Clustering & High Availability

Scale Arc horizontally with multi-node clusters. Separate write, read, and compaction workloads across dedicated nodes with automatic failover.

Choose a deployment pattern first

Arc Enterprise supports two cluster topologies: shared object storage and local storage with peer replication. See Deployment Patterns to choose the right one for your environment before configuring a cluster.

Overview

Arc Enterprise clustering uses a role-based architecture where each node in the cluster serves a specific purpose:

Arc Enterprise Architecture

Node Roles

RolePurposeCapabilities
writerHandles data ingestion and WALIngest, coordinate
readerServes queries from shared storageQuery
compactorRuns background file optimizationCompact
standaloneSingle-node mode (default)All capabilities
  • Writers receive data via the ingestion API, buffer it, and flush Parquet files to shared storage. WAL replication ensures durability.
  • Readers query data directly from shared storage using DuckDB. Scale readers horizontally to handle more concurrent queries.
  • Compactors run hourly and daily file compaction in the background without impacting write or read performance.

Configuration

TOML Configuration

[cluster]
enabled = true
node_id = "writer-01" # Unique identifier for this node
role = "writer" # writer, reader, compactor, standalone
cluster_name = "production" # Cluster identifier
seeds = ["10.0.1.10:9000", "10.0.1.11:9000"] # Seed nodes for discovery
coordinator_addr = ":9000" # Address for inter-node communication
health_check_interval = 10 # Health check interval (seconds)
heartbeat_interval = 5 # Heartbeat interval (seconds)
replication_enabled = true # Enable WAL replication to readers
query_gate_on_catchup = false # See "Query Gating During Replication Catch-Up" below

Environment Variables

ARC_CLUSTER_ENABLED=true
ARC_CLUSTER_NODE_ID=writer-01
ARC_CLUSTER_ROLE=writer
ARC_CLUSTER_CLUSTER_NAME=production
ARC_CLUSTER_SEEDS=10.0.1.10:9000,10.0.1.11:9000
ARC_CLUSTER_COORDINATOR_ADDR=:9000
ARC_CLUSTER_HEALTH_CHECK_INTERVAL=10
ARC_CLUSTER_HEARTBEAT_INTERVAL=5
ARC_CLUSTER_REPLICATION_ENABLED=true
ARC_CLUSTER_QUERY_GATE_ON_CATCHUP=false

Query Gating During Replication Catch-Up

In a local-storage cluster with peer replication, a reader node may serve queries before its background puller has finished pulling all the Parquet files the cluster manifest references. Without gating, those queries silently return partial results: the manifest knows about the missing files, but read_parquet() globs against local storage and only finds what's already on disk. WAL replication (added in 26.05.1) closes part of this gap for unflushed writer data, but flushed Parquet files still depend on the asynchronous puller.

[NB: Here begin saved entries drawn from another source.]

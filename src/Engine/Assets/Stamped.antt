-- ===== src/Engine/Assets/Stamped.antt =====
-- What a packed drain looks like, of crates/bsrs/src/engine/run_engine.rs.
use bsrs.Prelude.{
  ℕ, ◌+◌, ◌-◌, ◌%◌, ◌≡◌, refl, ap, ◌∙◌, ◌⊎◌, inl, inr, true, not, ◌||◌, String, Option, none, some,
  List, [], ◌∷◌, ◌++◌, arith, ◌==◌, str_eq, str_eq_iff, All, Bool-cases, Option-cases, ==_iff,
}
use bsrs.Prelude.Maps.{lookup, lookup-insert}
use bsrs.Prelude.Rows.{Pairwise}
use bsrs.Runs.Documents.{Payload, StreamResource, StreamDatum}
use bsrs.Engine.Assets.{
  AssetDoc, resource_doc, datum_doc, other_doc, Pack, Packed, packed, failed, u64_mod, contains,
  add_key, or_run, same_width, pack_resource, stamp, pack_datum, pack_doc, is_nil,
}

same_width-eq : (o : Option ℕ) (v w : ℕ) → o ≡ some v → same_width o w ≡ true → some w ≡ some v
same_width-eq none v w h g = absurd (ground (arith, h))
same_width-eq (some u) v w h g = ground (arith, h, g, ==_iff u w)

contains-append :
    (ks : List String) (k j : String)
    → contains (ks ++ k ∷ []) j ≡ true
    → (contains ks j ≡ true) ⊎ (k ≡ j)
contains-append [] k j h = ground (arith, h, str_eq_iff k j)
contains-append (i ∷ ks) k j h = elim (Bool-cases (str_eq i j)) [
  | inl e ↦ inl (rw e refl)
  | inr e ↦ rw e (contains-append ks k j (rw e at h))
]

contains-add_key :
    (ks : List String) (k j : String)
    → contains (add_key ks k) j ≡ true
    → (contains ks j ≡ true) ⊎ (k ≡ j)
contains-add_key ks k j h = elim (Bool-cases (contains ks k)) [
  | inl e ↦ inl (rw e at h)
  | inr e ↦ contains-append ks k j (rw e at h)
]

add_key-nonempty : (ks : List String) (k : String) → is_nil (add_key ks k) ≡ true → ⊥
add_key-nonempty [] k h = ground (arith, h)
add_key-nonempty (i ∷ ks) k h = elim (Bool-cases (contains (i ∷ ks) k)) [
  | inl e ↦ ground (arith, h, e)
  | inr e ↦ ground (arith, h, e)
]

module _ {P : Payload} {D : Type 0} where
  -- A document and what is emitted for it: a resource that names no run is given `run`, a datum is
  -- given w numbers, from `next_seq` on, for its w indices, and nothing else changes.
  abbrev pub StampedAs : String → ℕ → Option ℕ → AssetDoc P D → AssetDoc P D → Type 0
  StampedAs run next_seq w (resource_doc r) out =
      ((r.run_start ≡ none) × (out ≡ resource_doc (record r { run_start = some run })))
      ⊎ ((own : String) × (r.run_start ≡ some own) × (out ≡ resource_doc r))
  StampedAs run next_seq w (datum_doc d) out =
      (w ≡ some (d.indices.stop - d.indices.start))
      × (out
          ≡ datum_doc (record d {
            seq_nums = record {
              start = next_seq;
              stop = (next_seq + (d.indices.stop - d.indices.start)) % u64_mod;
            };
          }))
  StampedAs run next_seq w (other_doc d) out = out ≡ other_doc d

  -- A datum of a resource that the registry has under the key k.
  abbrev pub Serves : List (String × String) → String → AssetDoc P D → Type 0
  Serves registry k (datum_doc d) = lookup d.stream_resource registry ≡ some k
  Serves registry k (resource_doc r) = ⊥
  Serves registry k (other_doc d) = ⊥

  abbrev pub Some : (AssetDoc P D → Type 0) → List (AssetDoc P D) → Type 0
  Some Q [] = ⊥
  Some Q (d ∷ ds) = Q d ⊎ Some Q ds

  -- Not a datum.
  abbrev pub IsNoDatum : AssetDoc P D → Type 0
  IsNoDatum (datum_doc d) = ⊥
  IsNoDatum (resource_doc r) = Unit
  IsNoDatum (other_doc d) = Unit

  -- What the packing of documents adds to s: the state s' and the documents ds.
  pub record Moved (run : String) (next_seq : ℕ) (s s' : Pack) (docs ds : List (AssetDoc P D))
      : Type 0 where
    pub stamped : Pairwise (StampedAs run next_seq s'.width) docs ds
    pub width_kept : (w : ℕ) → s.width ≡ some w → s'.width ≡ some w
    pub grows : (j k : String) → lookup j s.registry ≡ some k → lookup j s'.registry ≡ some k
    pub received_by :
        (k : String)
        → contains s'.received k ≡ true
        → (contains s.received k ≡ true) ⊎ Some (Serves s'.registry k) ds
    pub silent : is_nil s'.received ≡ true → (is_nil s.received ≡ true) × All IsNoDatum ds

  abbrev pub Good : String → ℕ → Pack → AssetDoc P D → Packed (AssetDoc P D) → Type 0
  Good run next_seq s doc (failed r e) = Unit
  Good run next_seq s doc (packed d s') = Moved run next_seq s s' (doc ∷ []) (d ∷ [])

  abbrev pub GoodAll :
      String → ℕ → Pack → List (AssetDoc P D) → Packed (List (AssetDoc P D)) → Type 0
  GoodAll run next_seq s docs (failed r e) = Unit
  GoodAll run next_seq s docs (packed ds s') = Moved run next_seq s s' docs ds

module _ (P : Payload) (D : Type 0) where
  names_run :
      (run : String) (next_seq : ℕ) (w : Option ℕ) (r : StreamResource P) (o : Option String)
      → r.run_start ≡ o
      → StampedAs {P = P} {D = D} run next_seq w
          (resource_doc r)
          (resource_doc (record r { run_start = or_run run o }))
  names_run run n w r none e = inl (e, refl)
  names_run run n w r (some own) e = inr (own, e, rw (← e) refl)

  Good-pack_resource :
      (run : String) (next_seq : ℕ) (external : List String) (r : StreamResource P) (s : Pack)
      → Good run next_seq s
          (resource_doc r)
          (pack_resource {P = P} {D = D} run next_seq external r s)
  unfolding pack_resource
  Good-pack_resource run n ext r s = elim (Option-cases (lookup r.uid s.registry)) [
    | inr (k, e) ↦ rw e tt
    | inl e ↦ elim (Bool-cases (contains ext r.data_key)) [
      | inr f ↦ rw e (rw f tt)
      | inl f ↦ rw e (
          rw f record {
            stamped = (names_run run n s.width r r.run_start refl, tt);
            width_kept = λ w h. h;
            grows = λ j k h.
                ground
                  (arith, h, e, str_eq_iff r.uid j, lookup-insert r.uid j r.data_key s.registry);
            received_by = λ k h. inl h;
            silent = λ h. (h, (tt, tt));
          })
    ]
  ]

  by_key :
      (received : List String) (k j : String) (d : StreamDatum) (reg : List (String × String))
      → lookup d.stream_resource reg ≡ some k
      → (contains received j ≡ true) ⊎ (k ≡ j)
      → (contains received j ≡ true) ⊎ Some (Serves {P = P} {D = D} reg j) (datum_doc d ∷ [])
  by_key received k j d reg f (inl h) = inl h
  by_key received k j d reg f (inr e) = inr (inl (f ∙ ap some e))

  Good-pack_datum :
      (run : String) (next_seq : ℕ) (external : List String) (d : StreamDatum) (s : Pack)
      → Good run next_seq s (datum_doc d) (pack_datum {P = P} {D = D} run next_seq external d s)
  unfolding pack_datum
  Good-pack_datum run n ext d s =
      let w = d.indices.stop - d.indices.start in
      elim (Bool-cases (not (d.seq_nums.start == 0) || not (d.seq_nums.stop == 0))) [
        | inl e ↦ rw e tt
        | inr e ↦ elim (Option-cases (lookup d.stream_resource s.registry)) [
          | inl f ↦ rw e (rw f tt)
          | inr (k, f) ↦ elim (Bool-cases (same_width s.width w)) [
            | inr g ↦ rw e (rw f (rw g tt))
            | inl g ↦ rw e (
                rw f (
                  rw g record {
                    stamped = ((refl, refl), tt);
                    width_kept = λ v h. same_width-eq s.width v w h g;
                    grows = λ j i h. h;
                    received_by = λ j h.
                        by_key s.received k j (stamp n d w) s.registry f
                          (contains-add_key s.received k j h);
                    silent = λ h. absurd (add_key-nonempty s.received k h);
                  }))
          ]
        ]
      ]

  pub Good-pack_doc :
      (run : String) (next_seq : ℕ) (external : List String) (d : AssetDoc P D) (s : Pack)
      → Good run next_seq s d (pack_doc {P = P} {D = D} run next_seq external d s)
  unfolding pack_doc
  Good-pack_doc run n ext (resource_doc r) s = Good-pack_resource run n ext r s
  Good-pack_doc run n ext (datum_doc d) s = Good-pack_datum run n ext d s
  Good-pack_doc run n ext (other_doc d) s = record {
    stamped = (refl, tt);
    width_kept = λ w h. h;
    grows = λ j k h. h;
    received_by = λ k h. inl h;
    silent = λ h. (h, (tt, tt));
  }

cluster.query_gate_on_catchup (added in 26.06.1, off by default) closes the remaining gap. When enabled, all user-facing read endpoints return 503 Service Unavailable until peer file replication has fully converged on this node.

When to enable it

Turn this on if you'd rather a reader return 503 for a few seconds at startup than serve incomplete results. Leave it off if your application can tolerate eventual consistency during catch-up and you'd rather queries always succeed (the existing pre-26.06.1 behavior). Either choice is defensible; this is a correctness-vs-availability knob.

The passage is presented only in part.